Consider adding in ALA as a suppliment at 1200mg per day

Consider buying electrolyte tablets. Take one on waking and one post w/o.

Would definately not recomend jumping from 250mg to 500mg on day 5. Its your first DNP cycle, at least hit max dose (around 7 days) before increasing. You seem to be in a rush to shift some weight, holiday booked? Are you on a timescale?

What brand have you got?

Im on at moment and train 6 times a week, 4 weights, 1 HIIT and 1 steady state cardio. Weights last around 45 mins, HIIT never exceeds 25 mins and steady state lasts 30 mins. Use the heart rate monitor on the machines and stay in the fat burning zones. Your heart rate will elevate easily so you wont seem to be working heart on the x trainer / bike etc but your heart will be beating fast.

Day 15-20 (5 days) isnt enough to get water out and rid of DNP, it usually takes around 10-14 days in my experience. Some people dont loose the water until they have been off for 5 days ish.


----------



## vildgut (Dec 12, 2013)

@Madoxx **** yes i been look for days for when the water fully leaves most people say 3-5 days lol.

Its been a week now, some water has left but i still have yellow pee from time to time (dnp yellow) still got smooth stomach look and my armpits still smells a little bit like chemical.

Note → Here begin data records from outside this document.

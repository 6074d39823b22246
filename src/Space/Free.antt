-- ===== src/Space/Free.antt =====
-- crates/gc-core/src/space.rs: `new` and `free`.
use gc_united.Base.{
  ℕ, ◌+◌, ◌-◌, ◌%◌, ◌≤◌, ◌<◌, ◌≡◌, refl, ap, ◌∙◌, arith, true, false, List, [], ◌∷◌, ◌++◌, has,
  count-append, ok, panic, sub_checked-ok, le→leb, lt→ltb,
}
use gc_united.Heap
use gc_united.Heap.{
  Memory, Heap, Handle, header_size, align, null_addr, flag_free, flag_mark, off_nrefs, off_flags,
  off_rc, write, put8, put16, put32, with_bit, has_bit, is_aligned,
}
use gc_united.Heap.Words.{
  SameOutside, IsBytes, word16-put16, word32-put32, put8_self, frame16, frame32, put8-SameOutside,
  put16-SameOutside, put32-SameOutside, IsBytes-put8, IsBytes-put16, IsBytes-put32,
}
use gc_united.Heap.Views.{
  size_at, nrefs_at, flags_at, rc_at, size-ok, flag-ok, set_nrefs-ok, set_rc-ok, set_flag-ok,
}
use gc_united.Heap.Flags.{has_bit-with_bit}
use gc_united.Heap.Moves.{IsWiped, poison-IsWiped}
use gc_united.Heap.Chain.{free_at}
use gc_united.Space.{FreeListSpace, new, is_free, free}
use gc_united.Space.Invariant.{IsSpace}
use gc_united.Space.Alloc.{inside_of_has}
use gc_united.Space.Return.{IsReturned, less, size-le_used, returned}

-- The block at `h`, of `n` bytes, as `free` leaves it.
pub record IsFreed (m m' : Memory) (h n : ℕ) : Type 0 where
  pub freed : free_at m' h ≡ true
  pub unmarked : has_bit (flags_at m' h) flag_mark ≡ false
  pub sized : size_at m' h ≡ n
  pub slots : nrefs_at m' h ≡ 0
  pub counted : rc_at m' h ≡ 0
  pub payload : (x : ℕ) → h + header_size ≤ x → x < h + n → m' x ≡ Heap.poison_byte
  pub outside : SameOutside h (h + n) m m'
  pub bytes : IsBytes m → IsBytes m'

-- The writes of `free` after `poison`.
module _ (m : Memory) (h n : ℕ) where
  pub cleared : Memory
  cleared =
      let m2 = put16 m (h + off_nrefs) 0 in
      let m3 = put32 m2 (h + off_rc) 0 in
      put8 m3 (h + off_flags) (with_bit (flags_at m3 h) flag_mark false)

module _ (m m1 : Memory) (h n : ℕ) (bytes : IsBytes m) (wiped : IsWiped m m1 h n)
    (big : header_size ≤ n) where
  cleared-IsFreed : size_at m h ≡ n → IsFreed m (cleared m1 h n) h n
  unfolding cleared
  cleared-IsFreed sized =
      let m2 = put16 m1 (h + off_nrefs) 0 in
      let m3 = put32 m2 (h + off_rc) 0 in
      let f = with_bit (flags_at m3 h) flag_mark false in
      let s2 = put16-SameOutside m1 (h + off_nrefs) 0 (h + 4) (h + 6) (omega arith) (omega arith) in
      let s3 = put32-SameOutside m2 (h + off_rc) 0 (h + 12) (h + 16) (omega arith) (omega arith) in
      let s4 = put8-SameOutside m3 (h + off_flags) f (h + 6) (h + 7) (omega arith) (omega arith) in
      let b1 = wiped.bytes bytes in
      let b3 = IsBytes-put32 m2 (h + off_rc) 0 (IsBytes-put16 m1 (h + off_nrefs) 0 b1) in
      let f3 : flags_at m3 h ≡ with_bit (flags_at m h) flag_free true % 256 =
        s3 (h + off_flags) (ground arith) ∙ s2 (h + off_flags) (ground arith) ∙ wiped.flagged in
      let f4 : flags_at (put8 m3 (h + off_flags) f) h ≡ f % 256 = put8_self m3 (h + off_flags) f in
      record {
        freed =
            ap (λ g. has_bit g flag_free) f4
            ∙ has_bit-with_bit (flags_at m3 h) 0 3 false (b3 (h + off_flags)) (omega arith)
                (omega arith)
            ∙ ap (λ g. has_bit g flag_free) f3
            ∙ has_bit-with_bit (flags_at m h) 3 3 true (bytes (h + off_flags)) (omega arith)
                (omega arith);
        unmarked =
            ap (λ g. has_bit g flag_mark) f4
            ∙ has_bit-with_bit (flags_at m3 h) 0 0 false (b3 (h + off_flags)) (omega arith)
                (omega arith);
        sized =
            frame32 s4 _ (ground arith)
            ∙ frame32 s3 _ (ground arith)
            ∙ frame32 s2 _ (ground arith)
            ∙ wiped.sized
            ∙ sized;
        slots =
            frame16 s4 _ (ground arith)
            ∙ frame16 s3 _ (ground arith)
            ∙ word16-put16 m1 (h + off_nrefs) 0;
        counted = frame32 s4 _ (ground arith) ∙ word32-put32 m2 (h + off_rc) 0;
        payload = λ x p q.
            s4 x (ground arith) ∙ s3 x (ground arith) ∙ s2 x (ground arith) ∙ wiped.payload x p q;
        outside = λ x o.
            s4 x (ground arith) ∙ s3 x (ground arith) ∙ s2 x (ground arith) ∙ wiped.outside x o;
        bytes = λ b. IsBytes-put8 m3 (h + off_flags) f b3;
      }

module _ {s : FreeListSpace} {bs : List Handle} (is : IsSpace s bs) (h : Handle) where
  -- Freeing a block that is already free panics.
  pub free_twice : has h bs ≡ true → free_at s.heap.bytes h ≡ true → free s h ≡ panic
  unfolding free is_free
  free_twice member freed =
      let (aligned, inside, block) = inside_of_has is h member in
      let big = block.big in
      let within = is.within in rw (flag-ok s.heap h (omega arith) flag_free, freed)

  -- The memory after `free`, and that `free` returns.
  free-runs :
      has h bs ≡ true
      → free_at s.heap.bytes h ≡ false
      → size_at s.heap.bytes h ≤ s.used
      → (m' : Memory) × (free s h
          ≡ ok (record s {
            heap = write s.heap m';
            free = s.free ++ h ∷ [];
            sorted = false;
            used = s.used - size_at s.heap.bytes h;
          }))
        × IsFreed s.heap.bytes m' h (size_at s.heap.bytes h)
  unfolding free is_free cleared Heap.set_marked
  free-runs member live enough =
      let (aligned, inside, block) = inside_of_has is h member in
      let big = block.big in
      let within = is.within in
      let n = size_at s.heap.bytes h in
      let room : h + header_size ≤ s.heap.len = omega arith in
      let (m1, e1, wiped, _) = poison-IsWiped s.heap h big (omega arith) in
      let m2 = put16 m1 (h + off_nrefs) 0 in
      let m3 = put32 m2 (h + off_rc) 0 in
      (
        cleared m1 h n,
        rw (
          flag-ok s.heap h room flag_free,
          live,
          size-ok s.heap h room,
          e1,
          set_nrefs-ok (write s.heap m1) h room 0,
          set_rc-ok (write s.heap m2) h room 0,
          set_flag-ok (write s.heap m3) h room flag_mark false,
          sub_checked-ok s.used n enough,
        ),
        cleared-IsFreed s.heap.bytes m1 h n is.bytes wiped big refl,
      )

-- `s'` is `s` with the block `h` given back: the space is well formed over the same blocks, `h` is
-- flagged free, poisoned, unmarked and without slots and count, and nothing outside it has changed.
pub record IsReleased (s s' : FreeListSpace) (bs : List Handle) (h : Handle) : Type 0 where
  pub space : IsSpace s' bs
  pub block : IsFreed s.heap.bytes s'.heap.bytes h (size_at s.heap.bytes h)
  pub used : s'.used + size_at s.heap.bytes h ≡ s.used
  pub listed : s'.free ≡ s.free ++ h ∷ []
  pub unsorted : s'.sorted ≡ false

-- `free` of a live block of a well-formed space returns, and gives exactly that block back: the
-- space is well formed over the same blocks, and nothing outside the block has changed.
pub free-IsReleased :
    (s : FreeListSpace) (bs : List Handle) (h : Handle)
    → IsSpace s bs
    → has h bs ≡ true
    → free_at s.heap.bytes h ≡ false
    → (s' : FreeListSpace) × (free s h ≡ ok s') × IsReleased s s' bs h
free-IsReleased s bs h is member live =
    let n = size_at s.heap.bytes h in
    let enough = size-le_used s bs h is member live in
    let (m', runs, freed) = free-runs is h member live enough in
    let ret : IsReturned s.heap.bytes m' h = record {
      freed = freed.freed;
      sized = freed.sized;
      outside = freed.outside;
      bytes = freed.bytes is.bytes;
    } in
    (
      less s h m' (s.free ++ h ∷ []) false,
      runs,
      record {
        space =
            returned s bs h is member live m' (s.free ++ h ∷ []) false ret
              (λ a. omega (arith, count-append a s.free (h ∷ [])));
        block = freed;
        used = omega arith;
        listed = refl;
        unsorted = refl;
      },
    )

-- A new space over a legal capacity is well formed and has no block.
pub new-IsSpace :
    (capacity : ℕ)
    → header_size ≤ capacity
    → capacity < null_addr
    → capacity % align ≡ 0
    → (s : FreeListSpace) × (new capacity ≡ ok s) × IsSpace s [] × (s.heap.len ≡ capacity)
unfolding new Heap.new
new-IsSpace capacity big small whole =
    let al : is_aligned capacity ≡ true = ground arith in
    (
      record {
        heap = record { bytes = λ _. 0; len = capacity };
        free = [];
        sorted = true;
        bump = 0;
        used = 0;
      },
      rw (le→leb header_size capacity big, lt→ltb capacity null_addr small, al),
      record {
        chain = refl;
        within = omega arith;
        whole = whole;
        addressable = small;
        listed = λ a. refl;
        accounted = refl;
        bytes = λ x. omega arith;
      },
      refl,
    )
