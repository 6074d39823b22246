-- ===== src/Space/Holes.antt =====
-- crates/gc-core/src/space.rs: the sorted free list is the list of free blocks that a walk meets.
use mathlib.Core.List
use mathlib.Core.List.{reverse}
use gc_united.Base.{
  ℕ, ◌+◌, ◌≤◌, ◌<◌, ◌≡◌, refl, ap, sym, ◌∙◌, inl, inr, arith, Bool, true, ◌==◌, if◌then◌else◌, leb,
  leb→le, leb→lt, List, [], ◌∷◌, length, count, count-append, one_if, sort, insert_sorted,
  Bool-cases,
}
use gc_united.Heap.{Memory, Handle, off_flags}
use gc_united.Heap.Words.{SameOutside}
use gc_united.Heap.Views.{size_at}
use gc_united.Heap.Chain.{Chain, free_at}
use gc_united.Space.{FreeListSpace, sort_free}
use gc_united.Space.Invariant.{IsSpace, free_count}

-- The free blocks among `bs`.
abbrev pub holes : Memory → List Handle → List Handle
holes m [] = []
holes m (b ∷ bs) = if free_at m b then b ∷ holes m bs else holes m bs

-- Every item is at least the one ahead of it, and the first is at least `lo`.
abbrev pub Rising : ℕ → List ℕ → Type 0
Rising lo [] = lo ≤ lo
Rising lo (x ∷ xs) = (lo ≤ x) × Rising x xs

pub Rising-lower : (a lo : ℕ) (xs : List ℕ) → a ≤ lo → Rising lo xs → Rising a xs
Rising-lower a lo [] le r = omega arith
Rising-lower a lo (x ∷ xs) le (first, r) = (omega arith, r)

count-insert_sorted :
    (a x : ℕ) (xs : List ℕ) → count a (insert_sorted x xs) ≡ one_if (a == x) + count a xs
unfolding insert_sorted
count-insert_sorted a x [] = omega arith
count-insert_sorted a x (y ∷ ys) = ground (arith, count-insert_sorted a x ys)

count-sort : (a : ℕ) (xs : List ℕ) → count a (sort xs) ≡ count a xs
unfolding sort
count-sort a [] = refl
count-sort a (x ∷ xs) = omega (arith, count-insert_sorted a x (sort xs), count-sort a xs)

insert_sorted-Rising :
    (lo x : ℕ) (xs : List ℕ) → lo ≤ x → Rising lo xs → Rising lo (insert_sorted x xs)
unfolding insert_sorted
insert_sorted-Rising lo x [] le r = (le, omega arith)
insert_sorted-Rising lo x (y ∷ ys) le (first, r) = elim (Bool-cases (leb x y)) [
  | inl before ↦ rw before (le, (leb→le x y before, r))
  | inr behind ↦
      let lt = leb→lt y x behind in rw behind (first, insert_sorted-Rising y x ys (omega arith) r)
]

sort-Rising : (xs : List ℕ) → Rising 0 (sort xs)
unfolding sort
sort-Rising [] = omega arith
sort-Rising (x ∷ xs) = insert_sorted-Rising 0 x (sort xs) (omega arith) (sort-Rising xs)

count-below : (a lo : ℕ) (xs : List ℕ) → a < lo → Rising lo xs → count a xs ≡ 0
count-below a lo [] lt r = refl
count-below a lo (x ∷ xs) lt (first, r) = ground (arith, count-below a x xs)

-- Rising lists with the same items are equal.
Rising-unique :
    (lo lo' : ℕ) (xs ys : List ℕ)
    → Rising lo xs
    → Rising lo' ys
    → ((a : ℕ) → count a xs ≡ count a ys)
    → xs ≡ ys
Rising-unique lo lo' [] [] r r' same = refl
Rising-unique lo lo' [] (y ∷ ys) r r' same = absurd (ground (arith, same y))
Rising-unique lo lo' (x ∷ xs) [] r r' same = absurd (ground (arith, same x))
Rising-unique lo lo' (x ∷ xs) (y ∷ ys) (first, r) (first', r') same =
    let not_below : ¬ x < y = λ lt. ground (arith, same x, count-below x y ys lt r') in
    let not_above : ¬ y < x = λ lt. ground (arith, same y, count-below y x xs lt r) in
    let heads : x ≡ y = ground arith in
    let tails =
      Rising-unique x y xs ys r r' (λ a. omega (arith, same a, ap (λ z. one_if (a == z)) heads)) in
    ap (λ z. z ∷ xs) heads ∙ ap (λ zs. y ∷ zs) tails

pub count-holes : (m : Memory) (a : ℕ) (bs : List Handle) → count a (holes m bs) ≡ free_count m a bs
count-holes m a [] = refl
count-holes m a (b ∷ bs) = ground (arith, count-holes m a bs)

holes-Rising :
    (m : Memory) (bs : List Handle) (lo hi : ℕ) → Chain m lo bs hi → Rising lo (holes m bs)
holes-Rising m [] lo hi c = omega arith
holes-Rising m (b ∷ bs) lo hi (e, block, c) =
    let big = block.big in
    let later = holes-Rising m bs (b + size_at m b) hi c in
    elim (Bool-cases (free_at m b)) [
      | inl free ↦
          rw free (omega arith, Rising-lower b (b + size_at m b) (holes m bs) (omega arith) later)
      | inr live ↦ rw live (Rising-lower lo (b + size_at m b) (holes m bs) (omega arith) later)
    ]

-- What the flag `sorted` promises.
abbrev pub IsOrdered : FreeListSpace → Type 0
IsOrdered s = s.sorted ≡ true → Rising 0 s.free

pub sort_free-holes :
    (s : FreeListSpace) (bs : List Handle)
    → IsSpace s bs
    → IsOrdered s
    → sort_free s ≡ record s { free = holes s.heap.bytes bs; sorted = true }
unfolding sort_free
sort_free-holes s bs is ordered =
    let found = holes s.heap.bytes bs in
    let rising = holes-Rising s.heap.bytes bs 0 s.bump is.chain in
    let counts : (a : ℕ) → count a s.free ≡ count a found =
      λ a. is.listed a ∙ sym (count-holes s.heap.bytes a bs) in
    elim (Bool-cases s.sorted) [
      | inl flag ↦
          let same = Rising-unique 0 0 s.free found (ordered flag) rising counts in
          ap (λ b. if b then s else record s { free = sort s.free; sorted = true }) flag
          ∙ ap (λ f. record s { free = f }) same
          ∙ ap (λ b. record s { free = found; sorted = b }) flag
      | inr flag ↦
          let same =
            Rising-unique 0 0 (sort s.free) found (sort-Rising s.free) rising
              (λ a. count-sort a s.free ∙ counts a) in
          ap (λ b. if b then s else record s { free = sort s.free; sorted = true }) flag
          ∙ ap (λ f. record s { free = f; sorted = true }) same
    ]

-- Sorting touches the list and its flag only, and keeps the entries.
pub sort_free-keeps :
    (s : FreeListSpace)
    → (f : List Handle) × (b : Bool) × (sort_free s ≡ record s { free = f; sorted = b })
      × ((a : ℕ) → count a f ≡ count a s.free)
unfolding sort_free
sort_free-keeps s = elim (Bool-cases s.sorted) [
  | inl flag ↦ (s.free, s.sorted, rw flag refl, λ a. refl)
  | inr flag ↦ (sort s.free, true, rw flag refl, λ a. count-sort a s.free)
]

pub holes-frame :
    {m m' : Memory} {p q : ℕ} (s : SameOutside p q m m') (bs : List Handle) (lo hi : ℕ)
    → q ≤ lo
    → Chain m lo bs hi
    → holes m' bs ≡ holes m bs
holes-frame s [] lo hi le c = refl
holes-frame {m} {m'} s (b ∷ bs) lo hi le (e, block, c) =
    let later = holes-frame s bs (b + size_at m b) hi (omega arith) c in
    let flags = s (b + off_flags) (inr (omega arith)) in rw (flags, later) refl

pub count-reverse : (a : ℕ) (xs : List ℕ) → count a (reverse xs) ≡ count a xs
count-reverse a [] = refl
count-reverse a (x ∷ xs) =
    ap (count a) (List.reverse-append (x ∷ []) xs)
    ∙ count-append a (reverse xs) (x ∷ [])
    ∙ omega (arith, count-reverse a xs)

pub length-holes :
    (m : Memory) (bs : List Handle) (lo hi : ℕ) → Chain m lo bs hi → lo + length (holes m bs) ≤ hi
length-holes m [] lo hi c = omega (arith, c)
length-holes m (b ∷ bs) lo hi (e, block, c) =
    let big = block.big in ground (arith, length-holes m bs (b + size_at m b) hi c)
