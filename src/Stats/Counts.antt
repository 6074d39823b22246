-- ===== src/Stats/Counts.antt =====
-- crates/gc-core/src/stats.rs: the counters while they fit in `u64`.
use gc_united.Base.{ℕ, ◌+◌, ◌<◌, ◌≡◌, ok, u64_values, add64-ok}
use gc_united.Stats.{GcStats, count_freed}

-- The counters after one more object of `n` bytes.
abbrev pub freed_stats : GcStats → ℕ → GcStats
freed_stats st n = record st {
  objects_freed = st.objects_freed + 1;
  bytes_freed = st.bytes_freed + n;
}

pub count_freed-ok :
    (st : GcStats) (n : ℕ)
    → st.objects_freed + 1 < u64_values
    → st.bytes_freed + n < u64_values
    → count_freed st n ≡ ok (freed_stats st n)
unfolding count_freed
count_freed-ok st n a b = rw (add64-ok st.objects_freed 1 a, add64-ok st.bytes_freed n b)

so up to 14 days you? boy did that relax me up


----------



## Madoxx (Nov 7, 2010)

vildgut said:


> @Madoxx **** yes i been look for days for when the water fully leaves most people say 3-5 days lol.
> 
> Its been a week now, some water has left but i still have yellow pee from time to time (dnp yellow) still got smooth stomach look and my armpits still smells a little bit like chemical.
> 
> so up to 14 days you? boy did that relax me up


For example, after 14 days of 250mg a day you will have 675mg of DNP in you. DNP has a 36 hr half life.

You then stop DNP

Day 15 - 425mg dnp

Day 16 - 268mg dnp

Day 17 - 169mg dnp

Day 18 - 106mg dnp

Day 19 - 67mg dnp

Day 20 - 42mg dnp

Day 21 - 27mg dnp

So a week after stopping DNP you still have a small amount left in you.

My personal experience last summer was that 8 days after stopping DNP I had dropped 5 lbs.


----------



## Nikyle1 (Apr 26, 2015)

Ok, thanks a lot. I'm gonna run Dinitromelt's.


----------



## Nikyle1 (Apr 26, 2015)

Also, how much do you think I could lose realistically. Like 20ish lbs? Do you think I could drop below 10% body fat?


----------



## Madoxx (Nov 7, 2010)

Nikyle1 said:


> Also, how much do you think I could lose realistically. Like 20ish lbs? Do you think I could drop below 10% body fat?


in one cycle? I doubt it. I think 20lbs and 6% bf is a lot to loose in 2 weeks.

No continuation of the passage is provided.